Report how many lines in the entries below hold the word "initial". Your answer is that number alone.

▼

-- ===== src/Schnorr/Tests.antt =====
-- Runs of schnorr.rs: the test vector "abc" of SHA-256, and field elements near both ends.
use near_mock.Base.{
  Bytes, length, false, ◌⊎◌, ℕ, ◌-◌, ◌*◌, ◌%◌, ◌^◌, List, ◌≡◌, refl, ◌∷◌, [], arith,
}
use near_mock.Schnorr.Limbs.{value}
use near_mock.Schnorr.Field.{p}
use near_mock.Schnorr.Field.Laws.{IsFe}
use near_mock.Schnorr.Product.{fe_mul}
use near_mock.Schnorr.Product.Laws.{fe_mul-value}
use near_mock.Schnorr.Power.{fe_inv}
use near_mock.Schnorr.Power.Laws.{fe_inv-value}
use near_mock.Schnorr.Octets.{be_bytes_to_fe, fe_to_be_bytes, be_bytes_to_fe-fe_to_be_bytes}
use near_mock.Schnorr.Sha256.{sha256_impl, sha256_block_impl}
use near_mock.Schnorr.Sha256.{out_bytes, initial}
use near_mock.Schnorr.Sha256.Blocks.{hash_blocks}
use near_mock.Schnorr.Sha256.Padding.{pad, sha256_impl-hash_blocks}
use near_mock.Schnorr.Verify.Accepted.{IsAccepted, schnorr_verify_impl-IsAccepted}
use near_mock.Schnorr.Verify.{schnorr_verify_impl, g_x}

sha256_impl_abc :
    sha256_impl (97 ∷ 98 ∷ 99 ∷ [])
    ≡ 186 ∷ 120 ∷ 22 ∷ 191 ∷ 143 ∷ 1 ∷ 207 ∷ 234 ∷ 65 ∷ 65 ∷ 64 ∷ 222 ∷ 93 ∷ 174 ∷ 34 ∷ 35 ∷ 176 ∷ 3
      ∷ 97 ∷ 163 ∷ 150 ∷ 23 ∷ 122 ∷ 156 ∷ 180 ∷ 16 ∷ 255 ∷ 97 ∷ 242 ∷ 0 ∷ 21 ∷ 173 ∷ []
unfolding sha256_impl near_mock.Schnorr.Octets.to_le_bytes sha256_block_impl
sha256_impl_abc = refl

abbrev big : List ℕ
big = 0xFFFFFFFFFFFFFFFF ∷ 0xFFFFFFFFFFFFFFFF ∷ 0xFFFFFFFFFFFFFFFF ∷ 0xFFFFFFFFFFFFFFFE ∷ []

big-IsFe : IsFe big
big-IsFe = (omega arith, omega arith)

g_x-IsFe : IsFe g_x
g_x-IsFe = (omega arith, omega arith)

fe_mul-value_example : IsFe (fe_mul big g_x) × (value (fe_mul big g_x) ≡ value big * value g_x % p)
fe_mul-value_example = fe_mul-value big g_x big-IsFe.0 g_x-IsFe.0

fe_inv-value_example : IsFe (fe_inv g_x) × (value (fe_inv g_x) ≡ value g_x ^ (p - 2) % p)
fe_inv-value_example = fe_inv-value g_x g_x-IsFe.0

sha256_impl-hash_blocks_example :
    (sha256_impl (97 ∷ 98 ∷ 99 ∷ []) ≡ out_bytes (hash_blocks 1 initial (pad (97 ∷ 98 ∷ 99 ∷ []))))
    × (length (pad (97 ∷ 98 ∷ 99 ∷ [])) ≡ 64)
sha256_impl-hash_blocks_example = sha256_impl-hash_blocks (97 ∷ 98 ∷ 99 ∷ [])

-- The vector of `test_schnorr_v1_direct`, which the code accepts.
abbrev v1_pk : Bytes
v1_pk =
    223 ∷ 241 ∷ 215 ∷ 127 ∷ 42 ∷ 103 ∷ 28 ∷ 95 ∷ 54 ∷ 24 ∷ 55 ∷ 38 ∷ 219 ∷ 35 ∷ 65 ∷ 190 ∷ 88 ∷ 254
    ∷ 174 ∷ 29 ∷ 162 ∷ 222 ∷ 206 ∷ 216 ∷ 67 ∷ 36 ∷ 15 ∷ 123 ∷ 80 ∷ 43 ∷ 166 ∷ 89 ∷ []

abbrev v1_sig : Bytes
v1_sig =
    104 ∷ 150 ∷ 189 ∷ 96 ∷ 238 ∷ 174 ∷ 41 ∷ 109 ∷ 180 ∷ 138 ∷ 34 ∷ 159 ∷ 247 ∷ 29 ∷ 254 ∷ 7 ∷ 27
    ∷ 222 ∷ 65 ∷ 62 ∷ 109 ∷ 67 ∷ 249 ∷ 23 ∷ 220 ∷ 141 ∷ 207 ∷ 140 ∷ 120 ∷ 222 ∷ 51 ∷ 65 ∷ 137 ∷ 6
    ∷ 209 ∷ 26 ∷ 201 ∷ 118 ∷ 171 ∷ 204 ∷ 178 ∷ 11 ∷ 9 ∷ 18 ∷ 146 ∷ 191 ∷ 244 ∷ 234 ∷ 137 ∷ 126 ∷ 252
    ∷ 182 ∷ 57 ∷ 234 ∷ 135 ∷ 28 ∷ 250 ∷ 149 ∷ 246 ∷ 222 ∷ 51 ∷ 158 ∷ 75 ∷ 10 ∷ []

abbrev v1_msg : Bytes
v1_msg =
    36 ∷ 63 ∷ 106 ∷ 136 ∷ 133 ∷ 163 ∷ 8 ∷ 211 ∷ 19 ∷ 25 ∷ 138 ∷ 46 ∷ 3 ∷ 112 ∷ 115 ∷ 68 ∷ 164 ∷ 9
    ∷ 56 ∷ 34 ∷ 41 ∷ 159 ∷ 49 ∷ 208 ∷ 8 ∷ 46 ∷ 250 ∷ 152 ∷ 236 ∷ 78 ∷ 108 ∷ 137 ∷ []

schnorr_verify_impl-IsAccepted_example :
    (schnorr_verify_impl v1_pk v1_sig v1_msg ≡ false) ⊎ IsAccepted v1_pk v1_sig v1_msg
schnorr_verify_impl-IsAccepted_example =
    schnorr_verify_impl-IsAccepted v1_pk v1_sig v1_msg (omega arith) (omega arith)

▲

▶ Solved exercise
2